=== PROMPT ===
Look through the data below. Show each line where the string "Result" occurs.

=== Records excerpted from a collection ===
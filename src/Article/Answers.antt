-- ===== src/Article/Answers.antt =====
-- internal/handlers/articleanalysis/handler.go: what the handler answers.
use calligraphy.Base.{
  ℕ, suc, ◌≤◌, ◌≡◌, refl, ap, sym, ◌⊎◌, subst, inl, inr, List, [], ◌∷◌, Bool, true, false, Option,
  none, some, if◌then◌else◌, length, Result, ok, err, arith,
}
use calligraphy.Job.Errors.{Bytes, Err, plain, non_retryable, is_non_retryable, matches}
use calligraphy.Article.Text.{Runes, Unicode, is_empty, split_sentences}
use calligraphy.Article.Words.{tokenize}
use calligraphy.Article.Ranking.{Floats}
use calligraphy.Article.Keywords.{or_default, keyword_text_rank-AreKeywords}
use calligraphy.Article.Excerpt.{summary-InOrder}
use calligraphy.Article.Places.{excerpt}
use calligraphy.Article.Handle.{
  Payload, capped, Orders, Analysis, analysis_of, analyze, Libraries, sent, encode, unless_done,
  after_parse, handle,
}

capped-summary : (n : ℕ) → or_default (capped 3 10 n) 3 ≤ 10
unfolding capped
capped-summary n = ground arith

capped-keywords : (n : ℕ) → or_default (capped 10 50 n) 10 ≤ 50
unfolding capped
capped-keywords n = ground arith

length-excerpt : (ss : List Runes) (is : List ℕ) → length (excerpt ss is) ≡ length is
length-excerpt ss [] = refl
length-excerpt ss (i ∷ is) = ap suc (length-excerpt ss is)

module _ (fl : Floats) (o : Orders fl) (u : Unicode) where
  -- What is encoded is bounded; if nothing is, the error is permanent, unless it is the context's.
  abbrev pub Answer : Option Err → Option (Analysis fl o u) → Result Err Bytes → Type 0
  Answer ctx_err none (ok out) = ⊥
  Answer ctx_err none (err e) = (is_non_retryable (some e) ≡ true) ⊎ (ctx_err ≡ some e)
  Answer ctx_err (some a) r = (length a.keywords ≤ 50) × (length a.summary ≤ 10)

  abbrev Answers : Option Err → Option (Option (Analysis fl o u) × Result Err Bytes) → Type 0
  Answers ctx_err none = ⊥
  Answers ctx_err (some (enc, r)) = Answer ctx_err enc r

  analysis_bounded :
      (text : Runes) (k n : ℕ)
      → or_default k 10 ≤ 50
      → or_default n 3 ≤ 10
      → (a : Analysis fl o u) × (analyze fl o u text k n ≡ some a)
        × (length a.keywords ≤ 50)
        × (length a.summary ≤ 10)
  unfolding analyze
  analysis_bounded text k n hk hn =
      let ss = split_sentences u text in
      let (is, same, ordered, number) = summary-InOrder fl o.edges u ss n (omega arith) in
      let (are, differ, count) = keyword_text_rank-AreKeywords fl o.edges u (tokenize u text) k in
      (
        analysis_of fl o u text k (excerpt ss is),
        ground (arith, same),
        omega arith,
        omega (arith, length-excerpt ss is),
      )

  sent-Answer :
      (lib : Libraries fl o u) (ctx_err : Option Err) (a : Analysis fl o u) (r : Result Err Bytes)
      → (length a.keywords ≤ 50) × (length a.summary ≤ 10)
      → Answer ctx_err (sent fl o u lib a r).0 (sent fl o u lib a r).1
  sent-Answer lib ctx_err a (ok out) h = h
  sent-Answer lib ctx_err a (err e) h = h

  unless_done-Answers :
      (lib : Libraries fl o u) (elapsed : ℕ) (p : Payload) (ctx_err : Option Err)
      → Answers ctx_err (unless_done fl o u lib elapsed p ctx_err)
  unless_done-Answers lib elapsed p (some e) = inr refl
  unless_done-Answers lib elapsed p none =
      let (a, same, kws, lines) =
        analysis_bounded p.text (capped 10 50 p.top_keywords) (capped 3 10 p.summary_sentences)
          (capped-keywords p.top_keywords) (capped-summary p.summary_sentences) in
      subst (λ x. Answers none (encode fl o u lib p.article_id elapsed x)) (sym same)
        (sent-Answer lib none a (lib.marshal p.article_id a elapsed) (kws, lines))

  after_parse-Answers :
      (lib : Libraries fl o u) (ctx_err : Option Err) (elapsed : ℕ) (r : Result Err Payload)
      → Answers ctx_err (after_parse fl o u lib ctx_err elapsed r)
  unfolding is_non_retryable matches
  after_parse-Answers lib ctx_err elapsed (err e) = inl refl
  after_parse-Answers lib ctx_err elapsed (ok p) = on_text (is_empty p.text)
    where
      on_text :
          (b : Bool)
          → Answers ctx_err (
              if b
              then some (none, err (non_retryable (plain lib.text_required)))
              else unless_done fl o u lib elapsed p ctx_err)
      on_text true = inl refl
      on_text false = unless_done-Answers lib elapsed p ctx_err

  answered :
      (ctx_err : Option Err) (x : Option (Option (Analysis fl o u) × Result Err Bytes))
      → Answers ctx_err x
      → (enc : Option (Analysis fl o u)) × (r : Result Err Bytes) × (x ≡ some (enc, r))
        × Answer ctx_err enc r
  answered ctx_err none h = absurd h
  answered ctx_err (some (enc, r)) h = (enc, r, refl, h)

  -- The handler never panics, whatever the payload asks for. It encodes an analysis with at most 50
  -- keywords and at most 10 sentences of a summary; or it encodes none and fails, for good unless
  -- the error is that of the context.
  pub handle_bounded :
      (lib : Libraries fl o u) (ctx_err : Option Err) (elapsed : ℕ) (payload : Bytes)
      → (enc : Option (Analysis fl o u)) × (r : Result Err Bytes) × (handle fl o u lib ctx_err
            elapsed payload
          ≡ some (enc, r))
        × Answer ctx_err enc r
  unfolding handle
  handle_bounded lib ctx_err elapsed payload =
      answered ctx_err (handle fl o u lib ctx_err elapsed payload)
        (after_parse-Answers lib ctx_err elapsed (lib.unmarshal payload))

=== TASK ANSWER ===
  none, some, if◌then◌else◌, length, Result, ok, err, arith,
  abbrev pub Answer : Option Err → Option (Analysis fl o u) → Result Err Bytes → Type 0
  abbrev Answers : Option Err → Option (Option (Analysis fl o u) × Result Err Bytes) → Type 0
      (lib : Libraries fl o u) (ctx_err : Option Err) (a : Analysis fl o u) (r : Result Err Bytes)
      (lib : Libraries fl o u) (ctx_err : Option Err) (elapsed : ℕ) (r : Result Err Payload)
      (ctx_err : Option Err) (x : Option (Option (Analysis fl o u) × Result Err Bytes))
      → (enc : Option (Analysis fl o u)) × (r : Result Err Bytes) × (x ≡ some (enc, r))
      → (enc : Option (Analysis fl o u)) × (r : Result Err Bytes) × (handle fl o u lib ctx_err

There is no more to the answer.